Fourth, and perhaps most compelling, is the potential to increase conversions – and merchant sales.
People who know this stuff say that Ad Sense conversion rates range from ~2 percent on the low end to ~5.6 percent on the high end. But that’s just conversion defined by clicking on an ad. The percent of consumers who then go on to buy is a fraction of that fraction. Card-linked offers platforms today say they have the ability to deliver relevant offers based on purchase history and current purchase patterns in real-time. And, match merchants and offers to consumer profiles and even message consumers when an offer has been redeemed to engage them and create the virtuous circle that can incent future behavior. And have the heft to get merchants to craft unique offers that match consumers with specific tastes and behaviors with offers that will not only get more to opt-in in the first place, but convert later on.
And, therefore, make it way more attractive for merchants to shift their time, money and attention away from traditional ad platforms to those that are more connected to consumer preferences, not to mention what they’ve actually done.
The reality, however, is a bit distant from the picture that I just painted.
But stepping back and looking at the puzzle pieces that have been assembled by two of the most powerful players in payments – Visa and MasterCard – suggests that what’s to come might not be too far off – or away.

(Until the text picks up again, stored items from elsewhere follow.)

-- ===== src/ClientSession/Serving.antt =====
-- A whole cycle of src/client_session.rs between a master that has asked and a server that answers.
use modbus_bridge_rs.Base.{ℕ, refl, Option, List, ◌++◌, arith}
use modbus_bridge_rs.Base.Outcome.{◌>>=◌}
use modbus_bridge_rs.Base.Runs.{Runs-bind}
use modbus_bridge_rs.Frame.Check.{body, check_crc-ok}
use modbus_bridge_rs.Frame.RoundTrip.{rtu_to_tcp_fits, request_tid-mbap}
use modbus_bridge_rs.Io.{Traffic}
use modbus_bridge_rs.Ports.{Ports, IsPorts, IsLive}
use modbus_bridge_rs.Tcp
use modbus_bridge_rs.ClientSession.{ClientSession, Cycle, read_request, exchange, answer, next}
use modbus_bridge_rs.ClientSession.Success.{
  bus_frame, net_frame, cycle_event, id_after, id_after-IsU16, Between, Answers, Serves,
  read_request-runs, exchange-runs, relay-runs,
}

module _ {S TX TS D SE TE : Type 0} {p : Ports S TX TS SE TE} {bus : Traffic S} {net : Traffic TS}
    {bus_script : S → List ℕ → List ℕ} {net_script : TS → List ℕ → List ℕ}
    (lawful : IsPorts p bus net) (live : IsLive p bus net bus_script net_script)
    (master server : List ℕ → List ℕ) (limits : Option ℕ × Option ℕ) where
  -- A whole cycle: the request is read, and then answered.
  pub cycle-runs :
      (exchange : List ℕ → Cycle S TX TS D SE TE (List ℕ))
      → Answers lawful live master server limits exchange
      → Serves lawful live master server limits (read_request p >>= answer p exchange)
  unfolding answer Tcp.next_transaction_id
  cycle-runs exchange gives id bus_out bus_in net_out net_in req resp more_bus more_net c asked
        answers f eb en =
      let tid : ℕ = id_after id in
      let After : ClientSession S TX TS D → Type 0 =
        Between lawful live master server limits tid (bus_out ++ bus_frame resp) (bus_in ++ req)
          (net_out ++ net_frame tid req) (net_in ++ resp) in
      Runs-bind (read_request p) (answer p exchange) c req (cycle_event tid req resp)
        (Between lawful live master server limits id bus_out (bus_in ++ req) net_out net_in) After
        (read_request-runs lawful live master server limits id bus_out bus_in net_out net_in req
          more_bus c asked f eb)
        (λ c' (set, i, fb, fn).
          rw
            (
              i,
              rtu_to_tcp_fits lawful.vec_lawful req (id_after id) (check_crc-ok req asked.0).0
                  (omega (arith, asked.2)),
            )
            (Runs-bind (exchange (net_frame tid req)) _
              (record c' { tcp = record c'.tcp { transaction_id = tid } }) resp
              (cycle_event tid req resp)
              (Between lawful live master server limits tid bus_out (bus_in ++ req)
                (net_out ++ net_frame tid req) (net_in ++ resp))
              After
              (gives tid bus_out (bus_in ++ req) net_out net_in (net_frame tid req) resp more_net
                (record c' { tcp = record c'.tcp { transaction_id = tid } }) answers
                (set, refl, fb, fn) en)
              (λ c'' f''. rw (request_tid-mbap (id_after id) (body req) (id_after-IsU16 id)) (
                relay-runs lawful live master server limits tid tid bus_out (bus_in ++ req)
                  (net_out ++ net_frame tid req) (net_in ++ resp) req resp c'' answers f''))))

  -- `next` without timeouts serves.
  pub session_next-Serves : Serves {D = D} lawful live master server limits (next p)
  unfolding next
  session_next-Serves = cycle-runs (exchange p) (exchange-runs lawful live master server limits)
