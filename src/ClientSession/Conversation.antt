-- ===== src/ClientSession/Conversation.antt =====
-- Cycle after cycle of src/client_session.rs: a conversation of one master with one server.
use modbus_bridge_rs.Base.{ℕ, ◌≡◌, refl, Option, List, [], ◌∷◌, ◌++◌, length, map, concat_map}
use mathlib.Core.List.{append_assoc, append-nil}
use modbus_bridge_rs.Base.Outcome.{calls}
use modbus_bridge_rs.Base.Runs.{Runs, calls-suc}
use modbus_bridge_rs.Io.{Traffic}
use modbus_bridge_rs.Ports.{Ports, IsPorts, IsLive}
use modbus_bridge_rs.Rtu.Replies.{IsRequestAdu}
use modbus_bridge_rs.Tcp.Success.{IsTcpAdu}
use modbus_bridge_rs.Event.{BridgeEvent}
use modbus_bridge_rs.ClientSession.{ClientSession, Cycle, next}
use modbus_bridge_rs.ClientSession.Success.{
  bus_frame, net_frame, cycle_event, id_after, Between, Serves,
}
use modbus_bridge_rs.ClientSession.Serving.{session_next-Serves}

-- A request of the master, the transaction id that it is sent under, and the server's response.
pub record Turn : Type 0 where
  pub id : ℕ
  pub req : List ℕ
  pub resp : List ℕ

-- The id of the last turn.
abbrev pub last_id : ℕ → List Turn → ℕ
last_id id [] = id
last_id id (x ∷ turns) = last_id x.id turns

-- From the given traffic and transaction id on, the master asks these requests and the server
-- answers them, in turn, and the ids count up and wrap around.
pub data Talk (master server : List ℕ → List ℕ)
    : ℕ → List ℕ → List ℕ → List ℕ → List ℕ → List Turn → Type 0 where
  over :
      (id : ℕ) (bus_out bus_in net_out net_in : List ℕ)
      → Talk master server id bus_out bus_in net_out net_in []
  turn :
      (id : ℕ) (bus_out bus_in net_out net_in : List ℕ) (req resp more_bus more_net : List ℕ)
      (turns : List Turn)
      → IsRequestAdu req
      → IsTcpAdu resp
      → master bus_out ≡ bus_in ++ (req ++ more_bus)
      → server (net_out ++ net_frame (id_after id) req) ≡ net_in ++ (resp ++ more_net)
      → Talk master server
          (id_after id)
          (bus_out ++ bus_frame resp)
          (bus_in ++ req)
          (net_out ++ net_frame (id_after id) req)
          (net_in ++ resp)
          turns
      → Talk master server id bus_out bus_in net_out net_in
          (record { id = id_after id; req = req; resp = resp } ∷ turns)

-- The event of a turn.
abbrev pub turn_event : Turn → BridgeEvent
turn_event x = cycle_event x.id x.req x.resp

module _ {S TX TS D SE TE : Type 0} {p : Ports S TX TS SE TE} {bus : Traffic S} {net : Traffic TS}
    {bus_script : S → List ℕ → List ℕ} {net_script : TS → List ℕ → List ℕ}
    (lawful : IsPorts p bus net) (live : IsLive p bus net bus_script net_script)
    (master server : List ℕ → List ℕ) (limits : Option ℕ × Option ℕ) where
  -- The traffic after the given turns, and the last transaction id.
  abbrev pub After :
      ℕ → List ℕ → List ℕ → List ℕ → List ℕ → List Turn → ClientSession S TX TS D → Type 0
  After id bus_out bus_in net_out net_in turns =
      Between lawful live master server limits (last_id id turns)
        (bus_out ++ concat_map (λ x. bus_frame x.resp) turns)
        (bus_in ++ concat_map (λ x. x.req) turns)
        (net_out ++ concat_map (λ x. net_frame x.id x.req) turns)
        (net_in ++ concat_map (λ x. x.resp) turns)

  -- Calls that serve one turn each serve a conversation.
  pub calls_of-serve :
      (m : Cycle S TX TS D SE TE BridgeEvent)
      → Serves lawful live master server limits m
      → (id : ℕ) (bus_out bus_in net_out net_in : List ℕ) (turns : List Turn)
        (c : ClientSession S TX TS D)
      → Talk master server id bus_out bus_in net_out net_in turns
      → Between lawful live master server limits id bus_out bus_in net_out net_in c
      → Runs
          (calls (length turns) m)
          c
          (map turn_event turns)
          (After id bus_out bus_in net_out net_in turns)
  calls_of-serve m serves id bus_out bus_in net_out net_in [] c talk f =
      (c, refl, rw (append-nil bus_out, append-nil bus_in, append-nil net_out, append-nil net_in) f)
  calls_of-serve m serves id bus_out bus_in net_out net_in (_ ∷ _) c
        (turn _ _ _ _ _ req resp more_bus more_net turns asked answers eb en rest) f =
      let x : Turn = record { id = id_after id; req = req; resp = resp } in
      calls-suc m (length turns) c (turn_event x) (map turn_event turns)
        (Between lawful live master server limits (id_after id) (bus_out ++ bus_frame resp)
          (bus_in ++ req) (net_out ++ net_frame (id_after id) req) (net_in ++ resp))
        (After id bus_out bus_in net_out net_in (x ∷ turns))
        (serves id bus_out bus_in net_out net_in req resp more_bus more_net c asked answers f eb en)
        (λ c' f'.
          rw
            (
              append_assoc bus_out (bus_frame resp) (concat_map (λ y. bus_frame y.resp) turns),
              append_assoc bus_in req (concat_map (λ y. y.req) turns),
              append_assoc net_out (net_frame (id_after id) req)
                  (concat_map (λ y. net_frame y.id y.req) turns),
              append_assoc net_in resp (concat_map (λ y. y.resp) turns),
            )
            at
            (calls_of-serve m serves (id_after id) (bus_out ++ bus_frame resp) (bus_in ++ req)
              (net_out ++ net_frame (id_after id) req) (net_in ++ resp) turns c' rest f'))

  -- As many calls of `next` as a master and a server have turns return the events of the turns, in
  -- their order; every request has gone to the server once, in order and under consecutive
  -- transaction ids modulo 2 ^ 16, and every response to the master once, in order.
  pub session_calls-serve :
      (id : ℕ) (bus_out bus_in net_out net_in : List ℕ) (turns : List Turn)
      (c : ClientSession S TX TS D)
      → Talk master server id bus_out bus_in net_out net_in turns
      → Between lawful live master server limits id bus_out bus_in net_out net_in c
      → Runs
          (calls (length turns) (next p))
          c
          (map turn_event turns)
          (After id bus_out bus_in net_out net_in turns)
  session_calls-serve =
      calls_of-serve (next p) (session_next-Serves lawful live master server limits)
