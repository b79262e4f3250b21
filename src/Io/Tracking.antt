-- ===== src/Io/Tracking.antt =====
-- A device that follows another one call by call until it is cut off, and `write_all` on both.
use modbus_bridge_rs.Base.{ℕ, zero, suc, refl, inl, inr, none, List, [], ◌∷◌, drop, length}
use modbus_bridge_rs.Base.Tracks.{Tracks, bind-Tracks}
use modbus_bridge_rs.Io.{Io, write_all_loop, write_all}

pub record IsFollower {S' S E : Type 0} (R : S' → S → Type 0) (io' : Io S' E) (io : Io S E)
    : Type 0 where
  pub read_tracks : (n : ℕ) → Tracks R none (io'.read n) (io.read n)
  pub write_tracks : (bytes : List ℕ) → Tracks R none (io'.write bytes) (io.write bytes)
  pub flush_tracks : Tracks R none io'.flush io.flush

module _ {S' S E : Type 0} {R : S' → S → Type 0} {io' : Io S' E} {io : Io S E}
    (follows : IsFollower R io' io) where
  write_all_loop-Tracks :
      (fuel : ℕ) (bytes : List ℕ)
      → Tracks R none (write_all_loop io' fuel bytes) (write_all_loop io fuel bytes)
  unfolding write_all_loop
  write_all_loop-Tracks fuel [] s' s r = inr (refl, r)
  write_all_loop-Tracks zero (b ∷ bytes) s' s r = inl refl
  write_all_loop-Tracks (suc fuel) (b ∷ bytes) s' s r =
      bind-Tracks R none (io'.write (b ∷ bytes)) (io.write (b ∷ bytes))
        (λ n. write_all_loop io' fuel (drop n (b ∷ bytes)))
        (λ n. write_all_loop io fuel (drop n (b ∷ bytes))) (follows.write_tracks (b ∷ bytes))
        (λ n. write_all_loop-Tracks fuel (drop n (b ∷ bytes))) s' s r

  pub write_all-Tracks : (bytes : List ℕ) → Tracks R none (write_all io' bytes) (write_all io bytes)
  unfolding write_all
  write_all-Tracks bytes = write_all_loop-Tracks (length bytes) bytes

It appears that what’s taking shape is the development of a rich and robust ecosystem of card-linked platforms, offers, and innovators that they enable, enrich and scale.
So, don’t be too surprised when one day the existing online ad networks wake up to find that some of their most valuable flock of advertisers and brands have been led away by another network. That’s a network disguised as payments but is in reality a more robust, relevant and ROI-rich sales network for merchants.
If, that is, they can deliver a proposition that gets enough consumers to opt-in in the first place and then motivates them to use it as part of their ongoing shopping and buying experience. Otherwise they just become another thing that merchants have to support without any incremental upside.